• _YOUR TASK_: Of all the entries below, only the lines from the one with "-- ===== src/Ingest/Deposit.antt" up to and including the one with "abbrev pub insert_reply" are to be duplicated exactly.

(Entries taken from a collection)
^^^^^^^^
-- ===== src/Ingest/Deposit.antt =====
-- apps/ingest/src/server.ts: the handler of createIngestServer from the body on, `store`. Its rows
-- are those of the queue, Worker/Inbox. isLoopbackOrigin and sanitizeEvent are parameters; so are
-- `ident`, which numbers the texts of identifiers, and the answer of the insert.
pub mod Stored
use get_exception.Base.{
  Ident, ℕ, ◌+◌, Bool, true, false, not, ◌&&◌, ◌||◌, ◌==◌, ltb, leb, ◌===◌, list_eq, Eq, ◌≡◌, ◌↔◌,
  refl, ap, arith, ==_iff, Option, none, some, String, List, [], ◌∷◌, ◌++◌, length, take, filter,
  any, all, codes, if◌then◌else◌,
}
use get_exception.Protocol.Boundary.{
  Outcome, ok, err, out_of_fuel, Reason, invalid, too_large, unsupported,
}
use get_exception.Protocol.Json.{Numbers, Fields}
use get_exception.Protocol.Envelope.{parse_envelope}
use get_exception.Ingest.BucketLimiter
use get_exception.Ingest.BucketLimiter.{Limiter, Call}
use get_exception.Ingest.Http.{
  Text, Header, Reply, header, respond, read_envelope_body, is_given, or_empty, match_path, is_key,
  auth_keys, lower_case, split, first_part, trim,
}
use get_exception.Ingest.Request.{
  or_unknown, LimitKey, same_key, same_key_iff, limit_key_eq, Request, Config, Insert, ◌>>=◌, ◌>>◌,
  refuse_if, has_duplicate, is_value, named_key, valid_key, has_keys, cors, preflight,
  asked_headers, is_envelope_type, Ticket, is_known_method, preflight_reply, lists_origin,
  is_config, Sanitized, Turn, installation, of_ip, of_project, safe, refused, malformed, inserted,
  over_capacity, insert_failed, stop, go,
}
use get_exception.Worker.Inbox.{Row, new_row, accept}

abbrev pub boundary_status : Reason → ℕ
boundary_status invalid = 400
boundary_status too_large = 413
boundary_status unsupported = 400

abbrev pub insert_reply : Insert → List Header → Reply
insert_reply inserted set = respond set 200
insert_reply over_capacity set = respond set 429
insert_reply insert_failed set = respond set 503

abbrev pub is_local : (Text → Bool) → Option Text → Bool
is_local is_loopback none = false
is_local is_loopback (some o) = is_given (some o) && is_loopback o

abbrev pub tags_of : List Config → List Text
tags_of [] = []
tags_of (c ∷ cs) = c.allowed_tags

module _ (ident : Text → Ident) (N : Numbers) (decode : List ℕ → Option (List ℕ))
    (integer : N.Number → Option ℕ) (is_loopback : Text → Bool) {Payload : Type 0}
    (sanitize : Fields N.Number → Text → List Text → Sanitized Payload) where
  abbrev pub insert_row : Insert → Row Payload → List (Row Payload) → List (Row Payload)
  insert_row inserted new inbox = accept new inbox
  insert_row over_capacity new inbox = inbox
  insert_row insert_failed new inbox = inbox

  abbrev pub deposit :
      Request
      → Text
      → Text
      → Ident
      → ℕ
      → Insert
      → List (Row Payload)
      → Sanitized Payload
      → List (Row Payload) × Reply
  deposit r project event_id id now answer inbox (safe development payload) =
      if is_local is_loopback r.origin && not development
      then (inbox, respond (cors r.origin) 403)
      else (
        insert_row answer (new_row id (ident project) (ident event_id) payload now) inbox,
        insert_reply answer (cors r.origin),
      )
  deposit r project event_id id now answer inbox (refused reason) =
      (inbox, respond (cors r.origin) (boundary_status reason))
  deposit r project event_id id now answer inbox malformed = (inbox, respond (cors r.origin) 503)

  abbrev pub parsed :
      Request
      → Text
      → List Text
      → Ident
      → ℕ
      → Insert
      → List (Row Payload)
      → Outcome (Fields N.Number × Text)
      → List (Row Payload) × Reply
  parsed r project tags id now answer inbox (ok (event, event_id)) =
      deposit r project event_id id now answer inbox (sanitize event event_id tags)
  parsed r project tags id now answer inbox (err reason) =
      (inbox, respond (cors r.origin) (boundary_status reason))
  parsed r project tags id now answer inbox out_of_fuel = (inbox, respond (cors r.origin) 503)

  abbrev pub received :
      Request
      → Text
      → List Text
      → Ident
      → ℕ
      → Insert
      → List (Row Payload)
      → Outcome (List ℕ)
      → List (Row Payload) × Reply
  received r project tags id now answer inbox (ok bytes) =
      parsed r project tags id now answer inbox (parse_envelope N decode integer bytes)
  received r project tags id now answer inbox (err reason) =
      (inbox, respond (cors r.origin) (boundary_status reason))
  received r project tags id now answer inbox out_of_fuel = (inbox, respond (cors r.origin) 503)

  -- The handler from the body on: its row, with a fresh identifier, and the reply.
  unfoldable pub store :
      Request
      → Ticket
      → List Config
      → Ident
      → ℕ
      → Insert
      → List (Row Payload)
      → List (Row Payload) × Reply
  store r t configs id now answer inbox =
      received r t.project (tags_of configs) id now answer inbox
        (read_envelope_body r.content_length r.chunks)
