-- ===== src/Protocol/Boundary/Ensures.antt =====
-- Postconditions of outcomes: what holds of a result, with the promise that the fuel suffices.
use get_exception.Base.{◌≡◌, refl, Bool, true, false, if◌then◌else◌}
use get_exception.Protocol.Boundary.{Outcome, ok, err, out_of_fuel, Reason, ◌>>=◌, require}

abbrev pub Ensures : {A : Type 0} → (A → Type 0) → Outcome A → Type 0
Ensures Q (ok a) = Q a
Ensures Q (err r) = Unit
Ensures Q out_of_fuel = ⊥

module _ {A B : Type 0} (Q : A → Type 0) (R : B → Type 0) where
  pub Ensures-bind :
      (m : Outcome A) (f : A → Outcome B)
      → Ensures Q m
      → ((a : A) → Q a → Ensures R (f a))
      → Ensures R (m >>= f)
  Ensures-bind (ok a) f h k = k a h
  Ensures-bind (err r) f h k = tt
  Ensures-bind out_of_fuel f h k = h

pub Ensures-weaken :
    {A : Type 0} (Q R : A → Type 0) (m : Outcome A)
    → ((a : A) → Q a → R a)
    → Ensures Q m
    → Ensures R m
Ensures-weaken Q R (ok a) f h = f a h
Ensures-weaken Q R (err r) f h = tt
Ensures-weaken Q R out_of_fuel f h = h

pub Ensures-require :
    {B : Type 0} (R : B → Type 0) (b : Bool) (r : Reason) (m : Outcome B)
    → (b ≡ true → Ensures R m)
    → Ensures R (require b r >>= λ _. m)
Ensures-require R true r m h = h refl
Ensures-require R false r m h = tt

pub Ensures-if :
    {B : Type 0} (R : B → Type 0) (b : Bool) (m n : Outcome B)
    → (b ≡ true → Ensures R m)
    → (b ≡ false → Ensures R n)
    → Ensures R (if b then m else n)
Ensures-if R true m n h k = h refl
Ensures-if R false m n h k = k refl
^^^^^^^^
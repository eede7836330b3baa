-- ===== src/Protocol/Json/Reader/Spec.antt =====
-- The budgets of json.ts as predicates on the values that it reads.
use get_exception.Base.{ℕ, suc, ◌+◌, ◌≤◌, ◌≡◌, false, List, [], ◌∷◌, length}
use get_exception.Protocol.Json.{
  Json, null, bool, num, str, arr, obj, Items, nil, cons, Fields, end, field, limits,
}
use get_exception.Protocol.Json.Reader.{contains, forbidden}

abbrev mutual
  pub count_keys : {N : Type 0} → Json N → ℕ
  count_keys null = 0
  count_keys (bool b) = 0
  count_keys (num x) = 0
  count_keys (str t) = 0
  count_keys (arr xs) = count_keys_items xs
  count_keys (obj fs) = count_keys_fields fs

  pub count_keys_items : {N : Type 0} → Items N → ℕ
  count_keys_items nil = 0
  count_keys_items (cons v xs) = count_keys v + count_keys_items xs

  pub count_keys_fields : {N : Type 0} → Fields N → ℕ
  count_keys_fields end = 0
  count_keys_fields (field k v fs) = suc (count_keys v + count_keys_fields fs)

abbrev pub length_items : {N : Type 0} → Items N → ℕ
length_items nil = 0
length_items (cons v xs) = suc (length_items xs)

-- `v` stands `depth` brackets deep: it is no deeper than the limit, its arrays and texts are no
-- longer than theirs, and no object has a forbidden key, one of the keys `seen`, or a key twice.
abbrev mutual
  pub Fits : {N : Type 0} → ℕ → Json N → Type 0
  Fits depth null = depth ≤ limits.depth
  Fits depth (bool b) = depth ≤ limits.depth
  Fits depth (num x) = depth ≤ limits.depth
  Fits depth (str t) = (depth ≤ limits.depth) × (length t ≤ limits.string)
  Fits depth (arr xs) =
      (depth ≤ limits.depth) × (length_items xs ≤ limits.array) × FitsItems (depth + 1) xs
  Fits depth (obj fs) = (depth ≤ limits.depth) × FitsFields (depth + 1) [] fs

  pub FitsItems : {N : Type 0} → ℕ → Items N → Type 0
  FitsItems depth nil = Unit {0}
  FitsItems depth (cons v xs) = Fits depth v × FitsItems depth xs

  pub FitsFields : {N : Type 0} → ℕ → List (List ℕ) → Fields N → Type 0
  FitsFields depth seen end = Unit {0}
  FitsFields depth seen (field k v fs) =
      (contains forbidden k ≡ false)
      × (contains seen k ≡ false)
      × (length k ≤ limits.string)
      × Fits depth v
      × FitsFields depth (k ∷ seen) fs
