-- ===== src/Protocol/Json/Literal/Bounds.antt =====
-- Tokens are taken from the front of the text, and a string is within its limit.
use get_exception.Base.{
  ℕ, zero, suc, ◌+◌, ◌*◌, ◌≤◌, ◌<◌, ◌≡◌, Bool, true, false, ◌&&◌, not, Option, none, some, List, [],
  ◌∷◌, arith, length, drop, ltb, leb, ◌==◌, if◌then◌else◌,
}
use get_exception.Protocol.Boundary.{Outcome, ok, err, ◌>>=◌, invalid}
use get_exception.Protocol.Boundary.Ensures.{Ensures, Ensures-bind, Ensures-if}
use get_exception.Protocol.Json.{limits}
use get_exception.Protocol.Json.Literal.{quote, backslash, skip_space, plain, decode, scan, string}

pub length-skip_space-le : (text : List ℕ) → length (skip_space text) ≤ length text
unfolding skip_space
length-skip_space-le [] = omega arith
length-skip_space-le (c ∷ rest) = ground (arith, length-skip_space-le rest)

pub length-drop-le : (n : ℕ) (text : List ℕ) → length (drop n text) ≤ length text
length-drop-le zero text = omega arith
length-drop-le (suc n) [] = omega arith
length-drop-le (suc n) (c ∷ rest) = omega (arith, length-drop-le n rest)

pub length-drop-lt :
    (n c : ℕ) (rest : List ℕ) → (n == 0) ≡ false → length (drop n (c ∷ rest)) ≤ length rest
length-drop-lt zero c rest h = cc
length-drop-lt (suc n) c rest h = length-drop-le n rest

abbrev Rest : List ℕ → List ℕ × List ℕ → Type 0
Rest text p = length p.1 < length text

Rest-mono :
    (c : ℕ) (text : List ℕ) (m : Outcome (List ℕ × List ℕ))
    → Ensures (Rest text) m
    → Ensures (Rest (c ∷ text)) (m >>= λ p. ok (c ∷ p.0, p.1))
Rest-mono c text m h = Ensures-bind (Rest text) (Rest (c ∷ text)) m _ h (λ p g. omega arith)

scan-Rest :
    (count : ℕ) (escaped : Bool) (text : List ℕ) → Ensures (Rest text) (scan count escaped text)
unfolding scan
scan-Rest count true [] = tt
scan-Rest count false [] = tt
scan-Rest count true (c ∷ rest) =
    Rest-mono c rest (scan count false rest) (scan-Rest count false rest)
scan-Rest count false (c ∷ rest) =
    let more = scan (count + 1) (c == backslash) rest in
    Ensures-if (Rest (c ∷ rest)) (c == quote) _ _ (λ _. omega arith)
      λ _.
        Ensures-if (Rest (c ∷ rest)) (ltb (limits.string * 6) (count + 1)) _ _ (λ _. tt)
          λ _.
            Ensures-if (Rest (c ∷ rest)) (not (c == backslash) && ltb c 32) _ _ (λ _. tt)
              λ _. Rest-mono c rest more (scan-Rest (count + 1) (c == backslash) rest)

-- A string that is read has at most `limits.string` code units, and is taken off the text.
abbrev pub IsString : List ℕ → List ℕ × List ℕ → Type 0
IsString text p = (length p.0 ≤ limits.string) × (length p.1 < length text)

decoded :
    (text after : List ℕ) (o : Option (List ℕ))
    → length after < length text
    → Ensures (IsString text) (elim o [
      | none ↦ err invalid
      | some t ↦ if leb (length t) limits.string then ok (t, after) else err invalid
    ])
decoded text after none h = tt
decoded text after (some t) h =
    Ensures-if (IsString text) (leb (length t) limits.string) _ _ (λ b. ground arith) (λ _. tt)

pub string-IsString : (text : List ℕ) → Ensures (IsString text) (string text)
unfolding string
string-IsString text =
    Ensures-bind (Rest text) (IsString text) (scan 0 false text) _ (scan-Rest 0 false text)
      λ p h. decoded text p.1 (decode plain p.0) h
^^^^^^^^
• _RESPONSE TO THIS EXERCISE_:
-- ===== src/Ingest/Deposit.antt =====
-- apps/ingest/src/server.ts: the handler of createIngestServer from the body on, `store`. Its rows
-- are those of the queue, Worker/Inbox. isLoopbackOrigin and sanitizeEvent are parameters; so are
-- `ident`, which numbers the texts of identifiers, and the answer of the insert.
pub mod Stored
use get_exception.Base.{
  Ident, ℕ, ◌+◌, Bool, true, false, not, ◌&&◌, ◌||◌, ◌==◌, ltb, leb, ◌===◌, list_eq, Eq, ◌≡◌, ◌↔◌,
  refl, ap, arith, ==_iff, Option, none, some, String, List, [], ◌∷◌, ◌++◌, length, take, filter,
  any, all, codes, if◌then◌else◌,
}
use get_exception.Protocol.Boundary.{
  Outcome, ok, err, out_of_fuel, Reason, invalid, too_large, unsupported,
}
use get_exception.Protocol.Json.{Numbers, Fields}
use get_exception.Protocol.Envelope.{parse_envelope}
use get_exception.Ingest.BucketLimiter
use get_exception.Ingest.BucketLimiter.{Limiter, Call}
use get_exception.Ingest.Http.{
  Text, Header, Reply, header, respond, read_envelope_body, is_given, or_empty, match_path, is_key,
  auth_keys, lower_case, split, first_part, trim,
}
use get_exception.Ingest.Request.{
  or_unknown, LimitKey, same_key, same_key_iff, limit_key_eq, Request, Config, Insert, ◌>>=◌, ◌>>◌,
  refuse_if, has_duplicate, is_value, named_key, valid_key, has_keys, cors, preflight,
  asked_headers, is_envelope_type, Ticket, is_known_method, preflight_reply, lists_origin,
  is_config, Sanitized, Turn, installation, of_ip, of_project, safe, refused, malformed, inserted,
  over_capacity, insert_failed, stop, go,
}
use get_exception.Worker.Inbox.{Row, new_row, accept}

abbrev pub boundary_status : Reason → ℕ
boundary_status invalid = 400
boundary_status too_large = 413
boundary_status unsupported = 400

abbrev pub insert_reply : Insert → List Header → Reply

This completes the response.